After leaving her cousin, Jannet went straight to the front room whose great fireplace was a duplicate of hers. Unlocking the door, she stepped inside, finding herself in a large, shadowy room, whose shades were down and whose furniture was draped in coverings. From these swathed chairs, perhaps, came that smell of moth balls.
A large mirror between two windows revealed dimly her own figure. Jannet put up the shades and opened a window. She intended to look thoroughly for any evidences of the “ghost.” Here was a possibility. Perhaps from this side there could be found some opening. There had been funny noises in that wall, at any rate.
But never did walls look more innocent. She scanned them closely.

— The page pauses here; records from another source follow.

-- ===== src/Transfer/Integrity.antt =====
-- What the in-memory receiver of internal/transfer/transfer.go promises, whatever a peer sends: it
-- never holds more than was announced, and completes only with the announced hash.
use gmmff.Prelude.{
  ◌+◌, ◌≡◌, refl, sym, ap, ◌∙◌, ◌⊎◌, inl, inr, Bool, List, [], ◌∷◌, ◌++◌, Option, none, some, ltb,
  ◌==◌, length, length-append, drop, arith, Bool-cases, Option-cases,
}
use gmmff.Prelude.Int.{pos, ltb_ℤ, ◌≤ℤ◌}
use gmmff.Prelude.Bytes.{Bytes, bytes_eq, bytes_eq_iff}
use gmmff.Transfer.Names.{Strings}
use gmmff.Transfer.SafeNames.{IsSafe, sanitise_name-IsSafe}
use gmmff.Transfer.Frames.{
  tag_file_header, tag_chunk, tag_transfer_done, tag_transfer_error, tag_cancelled,
}
use gmmff.Transfer.Receive.{
  FileHeader, Wire, Receiver, new_receiver, completed, Fed, feed, feeds, on_header, on_chunk,
  on_done,
}

-- What holds of the buffer and of the file name, with and without a header.
unfoldable pub HeaderSound : Strings → Bytes → Bytes → Option FileHeader → Type 0
HeaderSound str b n none = b ≡ []
HeaderSound str b n (some hdr) = ((b ≡ []) ⊎ (pos (length b) ≤ℤ hdr.size)) × IsSafe str n

unfoldable pub Sound : Strings → Receiver → Type 0
Sound str r = (r.h ≡ r.buf) × HeaderSound str r.buf r.file_name r.header

module _ (w : Wire) where
  on_header-Sound :
      (r : Receiver) (o : Option FileHeader)
      → Sound w.strings r
      → Sound w.strings (on_header w r o).receiver
  unfolding Sound HeaderSound
  on_header-Sound r none s = s
  on_header-Sound r (some hdr) s = (refl, (inl refl, sanitise_name-IsSafe w.strings hdr.name))

  on_chunk-Sound :
      (acked : Bool) (d : Bytes) (r : Receiver) (o : Option FileHeader)
      → r.header ≡ o
      → r.h ≡ r.buf
      → HeaderSound w.strings r.buf r.file_name o
      → Sound w.strings (on_chunk w acked d r o).receiver
  unfolding Sound HeaderSound
  on_chunk-Sound acked d r none e s b = (s, rw e b)
  on_chunk-Sound acked d r (some hdr) e s b = elim (Bool-cases (ltb (length d) 8)) [
    | inl short ↦ rw short (s, rw e b)
    | inr long ↦ elim (Bool-cases (ltb_ℤ hdr.size (pos (length r.buf + length (drop 8 d))))) [
      | inl big ↦ rw (long, big) (s, rw e b)
      | inr fits ↦
          rw (long, fits)
            (
              ap (λ x. x ++ drop 8 d) s,
              rw e (inr (rw (length-append r.buf (drop 8 d)) (ground arith)), b.1),
            )
    ]
  ]

  on_done-Sound :
      (r : Receiver) (o : Option FileHeader)
      → Sound w.strings r
      → Sound w.strings (on_done w r o).receiver
  unfolding Sound
  on_done-Sound r none s = s
  on_done-Sound r (some hdr) s = elim (Bool-cases (bytes_eq (w.sha256_hex r.h) hdr.sha256)) [
    | inl e ↦ rw e s
    | inr e ↦ rw e s
  ]

  feed-Sound :
      (acked : Bool) (frame : Bytes) (r : Receiver)
      → Sound w.strings r
      → Sound w.strings (feed w acked frame r).receiver
  unfolding feed Sound
  feed-Sound acked [] r s = s
  feed-Sound acked (tag ∷ rest) r s = elim (Bool-cases (tag == tag_file_header)) [
    | inl a ↦ rw a (on_header-Sound r (w.decode_header rest) s)
    | inr a ↦ elim (Bool-cases (tag == tag_chunk)) [
      | inl b ↦ rw (a, b) (on_chunk-Sound acked rest r r.header refl s.0 s.1)
      | inr b ↦ elim (Bool-cases (tag == tag_transfer_done)) [
        | inl c ↦ rw (a, b, c) (on_done-Sound r r.header s)
        | inr c ↦ rw (a, b, c) (ground arith)
      ]
    ]
  ]

  new_receiver-Sound : Sound w.strings new_receiver
  unfolding Sound HeaderSound
  new_receiver-Sound = (refl, refl)

  feeds-Sound :
      (fs : List (Bool × Bytes)) (r : Receiver) → Sound w.strings r → Sound w.strings (feeds w fs r)
  unfolding feeds
  feeds-Sound [] r s = s
  feeds-Sound ((acked, frame) ∷ fs) r s =
      feeds-Sound fs (feed w acked frame r).receiver (feed-Sound acked frame r s)

-- Whatever frames a peer sends, in whatever order, and whatever becomes of the acknowledgements: the
-- hash is taken of exactly the bytes that the buffer holds; these are no more than the last header
-- announced, or none; and the file name is safe once there is a header.
pub feeds-new_receiver-Sound :
    (w : Wire) (fs : List (Bool × Bytes)) → Sound w.strings (feeds w fs new_receiver)
feeds-new_receiver-Sound w fs = feeds-Sound w fs new_receiver (new_receiver-Sound w)

-- What a call that returns (true, nil) has found.
unfoldable pub IsVerified : Wire → Receiver → Type 0
IsVerified w r = (hdr : FileHeader) × ((r.header ≡ some hdr) × (w.sha256_hex r.buf ≡ hdr.sha256))

unfoldable pub Verified : Wire → Fed → Type 0
Verified w f = f.outcome ≡ completed → IsVerified w f.receiver

module _ (w : Wire) where
  on_chunk-Verified :
      (acked : Bool) (d : Bytes) (r : Receiver) (o : Option FileHeader)
      → Verified w (on_chunk w acked d r o)
  unfolding Verified
  on_chunk-Verified acked d r none e = cc
  on_chunk-Verified acked d r (some hdr) e = elim (Bool-cases (ltb (length d) 8)) [
    | inl short ↦ cc
    | inr long ↦ elim (Bool-cases (ltb_ℤ hdr.size (pos (length r.buf + length (drop 8 d))))) [
      | inl big ↦ cc
      | inr fits ↦ elim (Bool-cases acked) [ inl k ↦ cc | inr k ↦ cc ]
    ]
  ]

  on_done-Verified :
      (r : Receiver) (o : Option FileHeader)
      → r.header ≡ o
      → r.h ≡ r.buf
      → Verified w (on_done w r o)
  unfolding Verified IsVerified
  on_done-Verified r none e s k = cc
  on_done-Verified r (some hdr) e s k = elim (Bool-cases (bytes_eq (w.sha256_hex r.h) hdr.sha256)) [
    | inl same ↦
        rw same
          (hdr, (e, ap w.sha256_hex (sym s) ∙ (bytes_eq_iff (w.sha256_hex r.h) hdr.sha256).0 same))
    | inr other ↦ cc
  ]

  feed-Verified :
      (acked : Bool) (frame : Bytes) (r : Receiver)
      → Sound w.strings r
      → Verified w (feed w acked frame r)
  unfolding feed Sound Verified
  feed-Verified acked [] r s k = cc
  feed-Verified acked (tag ∷ rest) r s k = elim (Bool-cases (tag == tag_file_header)) [
    | inl a ↦ elim (Option-cases (w.decode_header rest)) [ inl o ↦ cc | inr (x, o) ↦ cc ]
    | inr a ↦ elim (Bool-cases (tag == tag_chunk)) [
      | inl b ↦ rw (a, b) (on_chunk-Verified acked rest r r.header (rw (a, b) at k))
      | inr b ↦ elim (Bool-cases (tag == tag_transfer_done)) [
        | inl c ↦ rw (a, b, c) (on_done-Verified r r.header refl s.0 (rw (a, b, c) at k))
        | inr c ↦ elim (Bool-cases (tag == tag_transfer_error)) [
          | inl d ↦ cc
          | inr d ↦ elim (Bool-cases (tag == tag_cancelled)) [ inl e ↦ cc | inr e ↦ cc ]
        ]
      ]
    ]
  ]

-- Whatever came before, a call of Feed that returns (true, nil) leaves a buffer whose SHA-256 is the
-- one that the last header announced.
pub feed-IsVerified :
    (w : Wire) (fs : List (Bool × Bytes)) (acked : Bool) (frame : Bytes)
    → (feed w acked frame (feeds w fs new_receiver)).outcome ≡ completed
    → IsVerified w (feed w acked frame (feeds w fs new_receiver)).receiver
unfolding Verified
feed-IsVerified w fs acked frame =
    feed-Verified w acked frame (feeds w fs new_receiver) (feeds-new_receiver-Sound w fs)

There was a little closet which corresponded to the one in her room. Another, high and deep, corresponded to her clothes closet. They certainly were large closets, the depth of the big chimney, she supposed.
Jannet examined the walls of the closets and of the room. She even looked at the ceiling for a possible trap door, though how the ghost could have flown so quickly out of her own room she could not imagine. This was a fine old room, but it offered no solution of her problems, so far as she could see. One thing, however, confirmed her in her idea of some secret passage,—the space between the rooms, the size of that great chimney.
CHAPTER XII
THE OLD ATTIC
Jingling her keys happily, Jannet went up the attic stairs, which led from the second floor back hall by a door not far from Paulina’s room. More than once she had heard Jan and Chick clattering down the two flights, first the attic stairs, banging the door shut, then the back stairs from the second floor to the first. If they were not afraid to be up there, why should she be afraid of the attic?
She did wish for Nell, though on second thought she came to the conclusion that it was just as well for her to investigate alone first. There might be things that some one outside the family could not appreciate. Family was a big thing to Jannet just now. Had she not just acquired one?
Inserting her key in the lock of the door opposite Jan’s den, she found that it did not turn anything in the right direction to unlock it. She immediately tried the door and found that it was already unlocked. “H’lo, P’lina,” she said, for there was Paulina, bending over a small trunk, her own, without doubt. “Do you keep some things up here, too? Aren’t you afraid of the ghost?” Jannet was laughing as she spoke, but Paulina straightened up and favored Jannet with a stony stare. Then without a word she bent again and locked her trunk.
Jannet stood quietly, looking around at boxes and trunks neatly placed in this part of the attic, and at dim shapes further along, where boards had been laid over the rafters and lath.